THE TASK
Each entry below is to be copied verbatim.

SUPPLIED DATA

-- ===== src/Engine.antt =====
-- tests/common/engine_model.py: CocoIndex's tracking semantics around one DocumentHandler. A state
-- of `none` is NON_EXISTENCE.
pub mod Entry
pub mod Round
pub mod Batch
pub mod Outputs
pub mod Actions
pub mod Stages
pub mod Decision
pub mod Allowed
pub mod Converged
pub mod Sync
pub mod Machine
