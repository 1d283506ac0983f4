-- ===== src/Identity/Decimal.antt =====
-- `str(n)` of a natural number, which the length prefixes of canonical_join are.
use cogindex.Base.{
  ℕ, zero, suc, ◌+◌, ◌-◌, ◌*◌, ◌/◌, ◌%◌, ◌<◌, ◌≡◌, refl, ap, false, [], ◌∷◌, ◌++◌, arith, ltb,
  Bool-cases, inl, inr, contains, nat_eq, ◌==◌, Text, if◌then◌else◌,
}

digits : ℕ → ℕ → Text
digits zero n = []
digits (suc fuel) n =
    let more = digits fuel (n / 10) ++ (48 + n % 10) ∷ [] in
    if ltb n 10 then (48 + n) ∷ [] else more

-- A number has at most as many digits as its successor counts.
unfoldable pub decimal : ℕ → Text
unfolding digits
decimal n = digits (suc n) n

value_from : ℕ → Text → ℕ
value_from acc [] = acc
value_from acc (c ∷ s) = value_from (acc * 10 + (c - 48)) s

value_from-append :
    (s : Text) (acc c : ℕ) → value_from acc (s ++ c ∷ []) ≡ value_from acc s * 10 + (c - 48)
unfolding value_from
value_from-append [] acc c = refl
value_from-append (d ∷ s) acc c = value_from-append s (acc * 10 + (d - 48)) c

value_from-digits : (fuel n : ℕ) → n < fuel → value_from 0 (digits fuel n) ≡ n
unfolding digits value_from
value_from-digits zero n h = elim h [ ]
value_from-digits (suc fuel) n h = elim (Bool-cases (ltb n 10)) [
  | inl small ↦ ground arith
  | inr large ↦ ground (
    arith,
    value_from-append (digits fuel (n / 10)) 0 (48 + n % 10),
    value_from-digits fuel (n / 10),
  )
]

-- Different numbers have different decimals.
pub decimal-injective : (m n : ℕ) → decimal m ≡ decimal n → m ≡ n
unfolding decimal
decimal-injective m n e = omega (
  arith,
  value_from-digits (suc m) m (omega arith),
  value_from-digits (suc n) n (omega arith),
  ap (value_from 0) e,
)

contains-append_one :
    (c d : ℕ) (s : Text)
    → contains c s ≡ false
    → (c == d) ≡ false
    → contains c (s ++ d ∷ []) ≡ false
contains-append_one c d [] h k = ground arith
contains-append_one c d (x ∷ s) h k = ground (arith, contains-append_one c d s)

contains-digits : (fuel n : ℕ) → contains 58 (digits fuel n) ≡ false
unfolding digits
contains-digits zero n = refl
contains-digits (suc fuel) n = ground (
  arith,
  contains-append_one 58 (48 + n % 10) (digits fuel (n / 10)) (contains-digits fuel (n / 10)),
)

-- A decimal holds no colon.
pub contains-decimal : (n : ℕ) → contains 58 (decimal n) ≡ false
unfolding decimal
contains-decimal n = contains-digits (suc n) n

REPLY TO THE TASK
-- ===== src/Engine.antt =====
-- tests/common/engine_model.py: CocoIndex's tracking semantics around one DocumentHandler. A state
-- of `none` is NON_EXISTENCE.
pub mod Entry
pub mod Round
pub mod Batch
pub mod Outputs
pub mod Actions
pub mod Stages
pub mod Decision
pub mod Allowed
pub mod Converged
pub mod Sync
pub mod Machine
repository 1d283506ac0983f4
-- ===== src/Identity/Decimal.antt =====
-- `str(n)` of a natural number, which the length prefixes of canonical_join are.
use cogindex.Base.{
  ℕ, zero, suc, ◌+◌, ◌-◌, ◌*◌, ◌/◌, ◌%◌, ◌<◌, ◌≡◌, refl, ap, false, [], ◌∷◌, ◌++◌, arith, ltb,
  Bool-cases, inl, inr, contains, nat_eq, ◌==◌, Text, if◌then◌else◌,
}

digits : ℕ → ℕ → Text
digits zero n = []
digits (suc fuel) n =
    let more = digits fuel (n / 10) ++ (48 + n % 10) ∷ [] in
    if ltb n 10 then (48 + n) ∷ [] else more

-- A number has at most as many digits as its successor counts.
unfoldable pub decimal : ℕ → Text
unfolding digits
decimal n = digits (suc n) n

value_from : ℕ → Text → ℕ
value_from acc [] = acc
value_from acc (c ∷ s) = value_from (acc * 10 + (c - 48)) s

value_from-append :
    (s : Text) (acc c : ℕ) → value_from acc (s ++ c ∷ []) ≡ value_from acc s * 10 + (c - 48)
unfolding value_from
value_from-append [] acc c = refl
value_from-append (d ∷ s) acc c = value_from-append s (acc * 10 + (d - 48)) c

value_from-digits : (fuel n : ℕ) → n < fuel → value_from 0 (digits fuel n) ≡ n
unfolding digits value_from
value_from-digits zero n h = elim h [ ]
value_from-digits (suc fuel) n h = elim (Bool-cases (ltb n 10)) [
  | inl small ↦ ground arith
  | inr large ↦ ground (
    arith,
    value_from-append (digits fuel (n / 10)) 0 (48 + n % 10),
    value_from-digits fuel (n / 10),
  )
]

-- Different numbers have different decimals.
pub decimal-injective : (m n : ℕ) → decimal m ≡ decimal n → m ≡ n
unfolding decimal
decimal-injective m n e = omega (
  arith,
  value_from-digits (suc m) m (omega arith),
  value_from-digits (suc n) n (omega arith),
  ap (value_from 0) e,
)

contains-append_one :
    (c d : ℕ) (s : Text)
    → contains c s ≡ false
    → (c == d) ≡ false
    → contains c (s ++ d ∷ []) ≡ false
contains-append_one c d [] h k = ground arith
contains-append_one c d (x ∷ s) h k = ground (arith, contains-append_one c d s)

contains-digits : (fuel n : ℕ) → contains 58 (digits fuel n) ≡ false
unfolding digits
contains-digits zero n = refl
contains-digits (suc fuel) n = ground (
  arith,
  contains-append_one 58 (48 + n % 10) (digits fuel (n / 10)) (contains-digits fuel (n / 10)),
)

-- A decimal holds no colon.
pub contains-decimal : (n : ℕ) → contains 58 (decimal n) ≡ false
unfolding decimal
contains-decimal n = contains-digits (suc n) n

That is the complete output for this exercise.